PROBLEM TO SOLVE
Using the entries that follow, write out the line containing "-- the identity, since", the line containing "unfoldable pub reserve", and every line between them, exactly and nothing else.

Collected data

[Start of section]

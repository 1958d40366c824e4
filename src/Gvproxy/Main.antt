-- ===== src/Gvproxy/Main.antt =====
-- main of cmd/gvproxy/main.go: the checks of the options, the protocol and the file with the process id.
pub mod Checks
use gvisor_tap_vsock.Base.{
  ℕ, suc, Bool, true, false, Option, none, some, List, [], ◌∷◌, ◌++◌, Text, codes, text_eq, nat_eq,
  ◌==◌, if◌then◌else◌, ltb, not, ◌||◌, ◌&&◌, length, cut_prefix,
}
use gvisor_tap_vsock.Services.Forwarder.Address.{split}
use gvisor_tap_vsock.Tap.Framing.{hyperkit_protocol, qemu_protocol, bess_protocol, vfkit_protocol}
use gvisor_tap_vsock.Gvproxy.Options.{
  ℤ, pos, negsuc, Options, Strconv, parse, Parsed, parsed, usage_error, helped, default_options,
}

-- What the program uses of a net/url.URL
pub record Url : Type 0 where
  pub scheme : Text
  pub path : Text

-- url.Parse, none on an error or nil; whether os.Stat finds a file; whether the file for the process id
-- can be created and written.
pub record MainEnv : Type 0 where
  pub parse_url : Text → Option Url
  pub stat : Text → Bool
  pub creates : Text → Bool
  pub writes : Text → Bool

pub data MainError : Type 0 where
  invalid_qemu invalid_bess invalid_vfkit not_unixpacket not_unixgram : MainError
  already_exists : Text → MainError
  qemu_and_vpnkit bess_and_vpnkit qemu_and_bess invalid_ssh_port : MainError
  forward_counts no_identity cannot_create_pid_file cannot_write_pid_file : MainError

-- A check that follows another one: the first error ends the program.
infixr 30 ◌then_check◌
abbrev pub ◌then_check◌ : Option MainError → Option MainError → Option MainError
some e then_check next = some e
none then_check next = next

abbrev pub set_to : Text → Bool
set_to [] = false
set_to (c ∷ s) = true

abbrev pub refuse : Bool → MainError → Option MainError
refuse b e = if b then some e else none

-- if len(qemuSocket) > 0
unfoldable pub check_qemu : MainEnv → Text → Option MainError
check_qemu env socket =
    if set_to socket
    then elim (env.parse_url socket) [
      | none ↦ some invalid_qemu
      | some uri ↦
          refuse (env.stat uri.path && (uri.scheme == codes "unix")) (already_exists uri.path)
    ]
    else none

-- if len(bessSocket) > 0 and if len(vfkitSocket) > 0: the scheme and the errors differ
unfoldable pub check_scheme : MainEnv → Text → MainError → MainError → Text → Option MainError
check_scheme env scheme invalid wrong_scheme socket =
    if set_to socket
    then elim (env.parse_url socket) [
      | none ↦ some invalid
      | some uri ↦
          refuse (not (uri.scheme == scheme)) wrong_scheme
          then_check refuse (env.stat uri.path) (already_exists uri.path)
    ]
    else none

-- The combinations that are refused
unfoldable pub check_exclusive : Options → Option MainError
check_exclusive o =
    refuse (set_to o.vpnkit_socket && set_to o.qemu_socket) qemu_and_vpnkit
    then_check (refuse (set_to o.vpnkit_socket && set_to o.bess_socket) bess_and_vpnkit
        then_check refuse (set_to o.qemu_socket && set_to o.bess_socket) qemu_and_bess)

-- if sshPort < 1024 || sshPort > 65535
unfoldable pub check_ssh_port : ℤ → Option MainError
check_ssh_port (negsuc n) = some invalid_ssh_port
check_ssh_port (pos n) = refuse (ltb n 1024 || ltb 65535 n) invalid_ssh_port

unfoldable pub protocol_of : Options → Text
protocol_of o =
    let protocol = hyperkit_protocol in
    let protocol = if set_to o.qemu_socket then qemu_protocol else protocol in
    let protocol = if set_to o.bess_socket then bess_protocol else protocol in
    if set_to o.vfkit_socket then vfkit_protocol else protocol

-- if c := len(forwardSocket); ...
unfoldable pub check_forwards : Options → Option MainError
check_forwards o =
    let c = length o.forward_socket in
    refuse
      (not (c == length o.forward_dest)
        || not (c == length o.forward_user)
        || not (c == length o.forward_identify))
      forward_counts

-- The loop over the identities, which are as many as the sockets here
unfoldable pub check_identities : MainEnv → List Text → Option MainError
check_identities env [] = none
check_identities env (identity ∷ identities) =
    refuse (not (env.stat identity)) no_identity then_check check_identities env identities

-- The checks of main, in its order
unfoldable pub check : MainEnv → Options → Option MainError
unfolding check_qemu check_scheme check_exclusive check_ssh_port check_forwards check_identities
check env o =
    check_qemu env o.qemu_socket
    then_check (check_scheme env (codes "unixpacket") invalid_bess not_unixpacket o.bess_socket
        then_check (check_scheme env (codes "unixgram") invalid_vfkit not_unixgram o.vfkit_socket
            then_check (check_exclusive o
                then_check (check_ssh_port o.ssh_port
                    then_check (check_forwards o
                        then_check check_identities env o.forward_identify)))))

-- The file with the process id: an error, and whether the file is there
unfoldable pub create_pid_file : MainEnv → Text → Option MainError × Bool
create_pid_file env pid_file =
    if set_to pid_file
    then if env.creates pid_file
      then (refuse (not (env.writes pid_file)) cannot_write_pid_file, true)
      else (some cannot_create_pid_file, false)
    else (none, false)

-- How the program ends, with its exit status, or goes on to run; and whether the file with the process
-- id is there
pub data Outcome : Type 0 where
  exits : ℕ → Outcome
  exits_leaving : ℕ → Bool → Outcome
  runs : Options → Text → Bool → Outcome

-- exitWithError
abbrev pub exit_with_error : MainError → Bool → Outcome
exit_with_error e left = exits_leaving 1 left

abbrev pub start : Options → Option MainError × Bool → Outcome
start o (some e, left) = exit_with_error e left
start o (none, left) = runs o (protocol_of o) left

-- main behind the checks
abbrev pub after_check : MainEnv → Options → Option MainError → Outcome
after_check env o (some e) = exit_with_error e false
after_check env o none = start o (create_pid_file env o.pid_file)

-- main behind flag.Parse
unfoldable pub after_parse : MainEnv → Parsed → Outcome
unfolding check
after_parse env usage_error = exits 2
after_parse env helped = exits 0
after_parse env (parsed o) = if o.show_version then exits 0 else after_check env o (check env o)

-- main up to run
unfoldable pub main : Strconv → MainEnv → List Text → Outcome
unfolding after_parse
main lib env args = after_parse env (parse lib none args default_options)

-- captureFile
abbrev pub capture_file : Bool → Text
capture_file debug = if not debug then [] else codes "capture.pcap"

-- The loop over the lines of /etc/resolv.conf
abbrev pub domains_or : Option Text → Option (List Text) → Option (List Text)
domains_or none next = next
domains_or (some rest) next = some (split b' ' rest)

unfoldable pub scan_domains : List Text → Option (List Text)
unfolding split
scan_domains [] = none
scan_domains (line ∷ lines) = domains_or (cut_prefix line (codes "search ")) (scan_domains lines)

-- searchDomains, by the name of the system and the lines of the file, none if it cannot be opened; none
-- is nil
unfoldable pub search_domains : Text → Option (List Text) → Option (List Text)
unfolding scan_domains
search_domains goos lines =
    if goos == codes "darwin" || goos == codes "linux"
    then elim lines [ none ↦ none | some text ↦ scan_domains text ]
    else none
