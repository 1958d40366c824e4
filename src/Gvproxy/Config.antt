-- ===== src/Gvproxy/Config.antt =====
-- The configuration of the virtual network that main of cmd/gvproxy/main.go makes of its options.
pub mod Addresses
use gvisor_tap_vsock.Base.{Bool, Option, none, List, [], ◌∷◌, ◌++◌, Text, codes, GoMap}
use gvisor_tap_vsock.GoNet.{GoNet}
use gvisor_tap_vsock.Services.Dns.{Zone, Record}
use gvisor_tap_vsock.Gvproxy.Options.{ℤ, Strconv, Options}
use gvisor_tap_vsock.Gvproxy.Main.{capture_file}

abbrev pub gateway_ip : Text
gateway_ip = codes "192.168.127.1"

abbrev pub ssh_host_port : Text
ssh_host_port = codes "192.168.127.2:22"

abbrev pub host_ip : Text
host_ip = codes "192.168.127.254"

-- types.Configuration
pub record Configuration : Type 0 where
  pub debug : Bool
  pub capture_file : Text
  pub mtu : ℤ
  pub subnet : Text
  pub gateway_ip : Text
  pub gateway_mac_address : Text
  pub dhcp_static_leases : GoMap Text Text
  pub dns : List Zone
  pub dns_search_domains : Option (List Text)
  pub forwards : GoMap Text Text
  pub nat : GoMap Text Text
  pub gateway_virtual_ips : List Text
  pub vpnkit_uuid_mac_addresses : GoMap Text Text
  pub protocol : Text

-- The records of a zone. Its default address is nil.
abbrev pub zone : GoNet → Text → Zone
zone net name = record {
  name = name;
  records =
      record { name = codes "gateway"; ip = net.parse_ip gateway_ip; regexp = none }
      ∷ record { name = codes "host"; ip = net.parse_ip host_ip; regexp = none }
      ∷ [];
  default_ip = [];
}

-- config := types.Configuration{...}
unfoldable pub config : Strconv → GoNet → Options → Text → Option (List Text) → Configuration
config lib net o protocol domains = record {
  debug = o.debug;
  capture_file = capture_file o.debug;
  mtu = o.mtu;
  subnet = codes "192.168.127.0/24";
  gateway_ip = gateway_ip;
  gateway_mac_address = codes "5a:94:ef:e4:0c:dd";
  dhcp_static_leases = (codes "192.168.127.2", codes "5a:94:ef:e4:0c:ee") ∷ [];
  dns = zone net (codes "containers.internal.") ∷ zone net (codes "docker.internal.") ∷ [];
  dns_search_domains = domains;
  forwards = (codes "127.0.0.1:" ++ lib.itoa o.ssh_port, ssh_host_port) ∷ [];
  nat = (host_ip, codes "127.0.0.1") ∷ [];
  gateway_virtual_ips = host_ip ∷ [];
  vpnkit_uuid_mac_addresses =
      (codes "c3d68012-0208-11ea-9fd7-f2189899ab08", codes "5a:94:ef:e4:0c:ee") ∷ [];
  protocol = protocol;
}
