-- ===== src/Tap/IpPool.antt =====
-- pkg/tap/ip_pool.go: the pool of addresses that the DHCP server leases to MAC addresses.
-- Every method holds the lock from its first line to its return, so a method is one step.
pub mod Search
pub mod Leases
pub mod Assign
pub mod History
mod Tests
use gvisor_tap_vsock.Base.{
  ℕ, zero, suc, ◌+◌, ◌-◌, Option, none, some, List, [], ◌∷◌, Text, text_eq, GoMap, lookup, insert,
  delete, ◌==◌, if◌then◌else◌,
}
use gvisor_tap_vsock.GoNet.{GoNet, Ip, IpNet}

pub record IpPool : Type 0 where
  pub base : IpNet
  pub count : ℕ
  pub leases : GoMap Text Text

-- NewIPPool
unfoldable pub new_ip_pool : GoNet → IpNet → IpPool
new_ip_pool net base = record { base = base; count = net.address_count base; leases = [] }

-- for key, value := range p.leases { leases[key] = value }
copy_leases : GoMap Text Text → GoMap Text Text → GoMap Text Text
copy_leases [] out = out
copy_leases ((ip, mac) ∷ m) out = copy_leases m (insert ip mac out)

-- Leases
unfoldable pub leases_copy : IpPool → GoMap Text Text
unfolding copy_leases
leases_copy p = copy_leases p.leases []

-- Mask
unfoldable pub mask : GoNet → IpPool → ℕ
mask net p = net.mask_ones p.base.mask

-- for ip, candidate := range p.leases: the first address that the MAC address holds
unfoldable pub find_ip : Text → GoMap Text Text → Option Text
find_ip mac [] = none
find_ip mac ((ip, candidate) ∷ m) = if candidate == mac then some ip else find_ip mac m

-- for i = 1; i < p.count; i++, with the rounds left as the first number. The conversion int(i) is
-- the identity, since AddressCount returns at most 2 ^ 63.
unfoldable pub free_host : GoNet → IpNet → GoMap Text Text → ℕ → ℕ → Option Ip
free_host net base leases zero i = none
free_host net base leases (suc rounds) i = elim (net.host base i) [
  | none ↦ free_host net base leases rounds (i + 1)
  | some candidate ↦ elim (lookup (net.ip_string candidate) leases) [
    | some _ ↦ free_host net base leases rounds (i + 1)
    | none ↦ some candidate
  ]
]

-- p.leases[candidate.String()] = mac, or the error "cannot find available IP"
unfoldable pub assign : GoNet → IpPool → Text → Option Ip → Option Ip × IpPool
assign net p mac none = (none, p)
assign net p mac (some candidate) =
    (some candidate, record p { leases = insert (net.ip_string candidate) mac p.leases })

-- GetOrAssign; none is the error
unfoldable pub get_or_assign : GoNet → IpPool → Text → Option Ip × IpPool
unfolding assign
get_or_assign net p mac = elim (find_ip mac p.leases) [
  | some ip ↦ (some (net.parse_ip ip), p)
  | none ↦ assign net p mac (free_host net p.base p.leases (p.count - 1) 1)
]

-- Reserve
unfoldable pub reserve : GoNet → IpPool → Ip → Text → IpPool
reserve net p ip mac = record p { leases = insert (net.ip_string ip) mac p.leases }

-- Release: an empty key stands for "not found"
unfoldable pub release : IpPool → Text → IpPool
release p given = elim (find_ip given p.leases) [
  | none ↦ p
  | some [] ↦ p
  | some (c ∷ found) ↦ record p { leases = delete (c ∷ found) p.leases }
]
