-- ===== src/Tap/IpPool/Search.antt =====
-- The two searches of GetOrAssign: over the leases and over the hosts of the network.
use gvisor_tap_vsock.Base.{
  ℕ, zero, suc, ◌+◌, ◌≤◌, ◌<◌, ◌≡◌, refl, sym, ◌∙◌, ◌≢◌, ◌⊎◌, inl, inr, false, arith, none, some,
  [], ◌∷◌, Text, text_eq, GoMap, lookup, insert, delete, KeysDistinct, ==_iff, ◌==◌, Option-cases,
}
use native.Mathlib.Decide.{dec_lt}
use gvisor_tap_vsock.GoNet.{GoNet, Ip, IpNet}
use gvisor_tap_vsock.Tap.IpPool.{find_ip, free_host}

-- What the search returns is leased to the MAC address.
pub lookup-find_ip :
    (mac ip : Text) (m : GoMap Text Text)
    → KeysDistinct m
    → find_ip mac m ≡ some ip
    → lookup ip m ≡ some mac
unfolding find_ip lookup
lookup-find_ip mac ip [] h e = cc
lookup-find_ip mac ip ((j, v) ∷ m) h e =
    ground (arith, lookup-find_ip mac ip m h.1, ==_iff v mac, ==_iff j ip)

-- A MAC address with a lease is found.
pub find_ip-ne-none :
    (mac ip : Text) (m : GoMap Text Text) → lookup ip m ≡ some mac → find_ip mac m ≢ none
unfolding find_ip lookup
find_ip-ne-none mac ip [] e = ground arith
find_ip-ne-none mac ip ((j, v) ∷ m) e =
    ground (arith, find_ip-ne-none mac ip m, ==_iff v mac, ==_iff j ip)

-- No MAC address stands twice.
abbrev pub MacsDistinct : GoMap Text Text → Type 0
MacsDistinct [] = Unit
MacsDistinct ((ip, mac) ∷ m) = (find_ip mac m ≡ none) × MacsDistinct m

pub find_ip-insert_ne :
    (mac other ip : Text) (m : GoMap Text Text)
    → (other == mac) ≡ false
    → find_ip other m ≡ none
    → find_ip other (insert ip mac m) ≡ none
unfolding find_ip insert
find_ip-insert_ne mac other ip [] h e = ground (arith, ==_iff mac other, ==_iff other mac)
find_ip-insert_ne mac other ip ((j, v) ∷ m) h e =
    ground (arith, find_ip-insert_ne mac other ip m h, ==_iff mac other, ==_iff other mac)

pub insert-MacsDistinct :
    (ip mac : Text) (m : GoMap Text Text)
    → find_ip mac m ≡ none
    → MacsDistinct m
    → MacsDistinct (insert ip mac m)
unfolding find_ip insert
insert-MacsDistinct ip mac [] e h = (refl, tt)
insert-MacsDistinct ip mac ((j, v) ∷ m) e h =
    ground (arith, insert-MacsDistinct ip mac m, find_ip-insert_ne mac v ip m, ==_iff v mac)

pub find_ip-delete :
    (other ip : Text) (m : GoMap Text Text)
    → find_ip other m ≡ none
    → find_ip other (delete ip m) ≡ none
unfolding find_ip delete
find_ip-delete other ip [] e = refl
find_ip-delete other ip ((j, v) ∷ m) e = ground (arith, find_ip-delete other ip m)

pub delete-MacsDistinct :
    (ip : Text) (m : GoMap Text Text) → MacsDistinct m → MacsDistinct (delete ip m)
unfolding delete
delete-MacsDistinct ip [] h = tt
delete-MacsDistinct ip ((j, v) ∷ m) h =
    ground (arith, delete-MacsDistinct ip m h.1, find_ip-delete v ip m)

-- With distinct keys and MAC addresses, a lease is what the search finds.
pub find_ip-eq_of_lookup :
    (mac ip : Text) (m : GoMap Text Text)
    → MacsDistinct m
    → lookup ip m ≡ some mac
    → find_ip mac m ≡ some ip
unfolding find_ip lookup
find_ip-eq_of_lookup mac ip [] h e = cc
find_ip-eq_of_lookup mac ip ((j, v) ∷ m) h e =
    ground (
      arith,
      find_ip-eq_of_lookup mac ip m h.1,
      find_ip-ne-none mac ip m,
      ==_iff v mac,
      ==_iff j ip,
    )

-- The host with this number cannot be leased: it has no address, or the address is taken.
abbrev pub Taken : GoNet → IpNet → GoMap Text Text → ℕ → Type 0
Taken net base m i =
    (net.host base i ≡ none)
    ⊎ ((ip : Ip) × (net.host base i ≡ some ip) × (lookup (net.ip_string ip) m ≢ none))

module _ (net : GoNet) (base : IpNet) (m : GoMap Text Text) where
  -- One round: the host is taken and the loop goes on, or it is free and returned.
  abbrev Round : ℕ → ℕ → Type 0
  Round rounds i =
      (Taken net base m i
        × (free_host net base m (suc rounds) i ≡ free_host net base m rounds (i + 1)))
      ⊎ ((ip : Ip) × (net.host base i ≡ some ip)
          × (lookup (net.ip_string ip) m ≡ none)
          × (free_host net base m (suc rounds) i ≡ some ip))

  Round-at : (rounds i : ℕ) (ip : Ip) → net.host base i ≡ some ip → Round rounds i
  unfolding free_host
  Round-at rounds i ip e = elim (Option-cases (lookup (net.ip_string ip) m)) [
    | inl vacant ↦ inr (ip, e, vacant, ground arith)
    | inr (mac, held) ↦ inl (inr (ip, e, λ v. cc), ground arith)
  ]

  round : (rounds i : ℕ) → Round rounds i
  unfolding free_host
  round rounds i = elim (Option-cases (net.host base i)) [
    | inl e ↦ inl (inl e, ground arith)
    | inr (ip, e) ↦ Round-at rounds i ip e
  ]

  -- What holds of `i` and from `i + 1` on holds from `i` on.
  Taken-from :
      (i n k : ℕ)
      → Taken net base m i
      → ((j : ℕ) → i + 1 ≤ j → j < n → Taken net base m j)
      → i ≤ k
      → k < n
      → Taken net base m k
  Taken-from i n k here later l u = elim (dec_lt i k) [
    | yes above ↦ later k (omega arith) u
    | no same ↦ let e : k ≡ i = omega arith in rw e here
  ]

  -- The search returns the free host with the least number.
  pub free_host-some :
      (rounds i : ℕ) (ip : Ip)
      → free_host net base m rounds i ≡ some ip
      → (n : ℕ) × (i ≤ n)
        × (n < i + rounds)
        × (net.host base n ≡ some ip)
        × (lookup (net.ip_string ip) m ≡ none)
        × ((k : ℕ) → i ≤ k → k < n → Taken net base m k)
  free_host-some zero i ip e = unfold free_host in cc
  free_host-some (suc rounds) i ip e = elim (round rounds i) [
    | inl (t, step) ↦
        let (n, l, u, at, vacant, below) = free_host-some rounds (i + 1) ip (sym step ∙ e) in
        (n, omega arith, omega arith, at, vacant, λ k. Taken-from i n k t below)
    | inr (c, at, vacant, step) ↦
        let same : c ≡ ip = cc in
        (
          i,
          omega arith,
          omega arith,
          rw (← same) at,
          rw (← same) vacant,
          λ k l u. absurd (omega arith),
        )
  ]

  -- It fails only if every host is taken, and then it does.
  pub free_host-none :
      (rounds i : ℕ)
      → free_host net base m rounds i ≡ none
      → (k : ℕ) → i ≤ k
      → k < i + rounds
      → Taken net base m k
  free_host-none zero i e k l u = absurd (omega arith)
  free_host-none (suc rounds) i e k l u = elim (round rounds i) [
    | inl (t, step) ↦
        Taken-from i (i + suc rounds) k t
          (λ j above below. free_host-none rounds (i + 1) (sym step ∙ e) j above (omega arith)) l u
    | inr (c, at, vacant, step) ↦ absurd (cc)
  ]

  pub free_host-Taken :
      (rounds i : ℕ)
      → ((k : ℕ) → i ≤ k → k < i + rounds → Taken net base m k)
      → free_host net base m rounds i ≡ none
  unfolding free_host
  free_host-Taken zero i t = refl
  free_host-Taken (suc rounds) i t = ground (
    arith,
    t i (omega arith) (omega arith),
    free_host-Taken rounds (i + 1) (λ k l u. t k (omega arith) (omega arith)),
  )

[End of section]

EXPECTED OUTPUT
-- the identity, since AddressCount returns at most 2 ^ 63.
unfoldable pub free_host : GoNet → IpNet → GoMap Text Text → ℕ → ℕ → Option Ip
free_host net base leases zero i = none
free_host net base leases (suc rounds) i = elim (net.host base i) [
  | none ↦ free_host net base leases rounds (i + 1)
  | some candidate ↦ elim (lookup (net.ip_string candidate) leases) [
    | some _ ↦ free_host net base leases rounds (i + 1)
    | none ↦ some candidate
  ]
]

-- p.leases[candidate.String()] = mac, or the error "cannot find available IP"
unfoldable pub assign : GoNet → IpPool → Text → Option Ip → Option Ip × IpPool
assign net p mac none = (none, p)
assign net p mac (some candidate) =
    (some candidate, record p { leases = insert (net.ip_string candidate) mac p.leases })

-- GetOrAssign; none is the error
unfoldable pub get_or_assign : GoNet → IpPool → Text → Option Ip × IpPool
unfolding assign
get_or_assign net p mac = elim (find_ip mac p.leases) [
  | some ip ↦ (some (net.parse_ip ip), p)
  | none ↦ assign net p mac (free_host net p.base p.leases (p.count - 1) 1)
]

-- Reserve
unfoldable pub reserve : GoNet → IpPool → Ip → Text → IpPool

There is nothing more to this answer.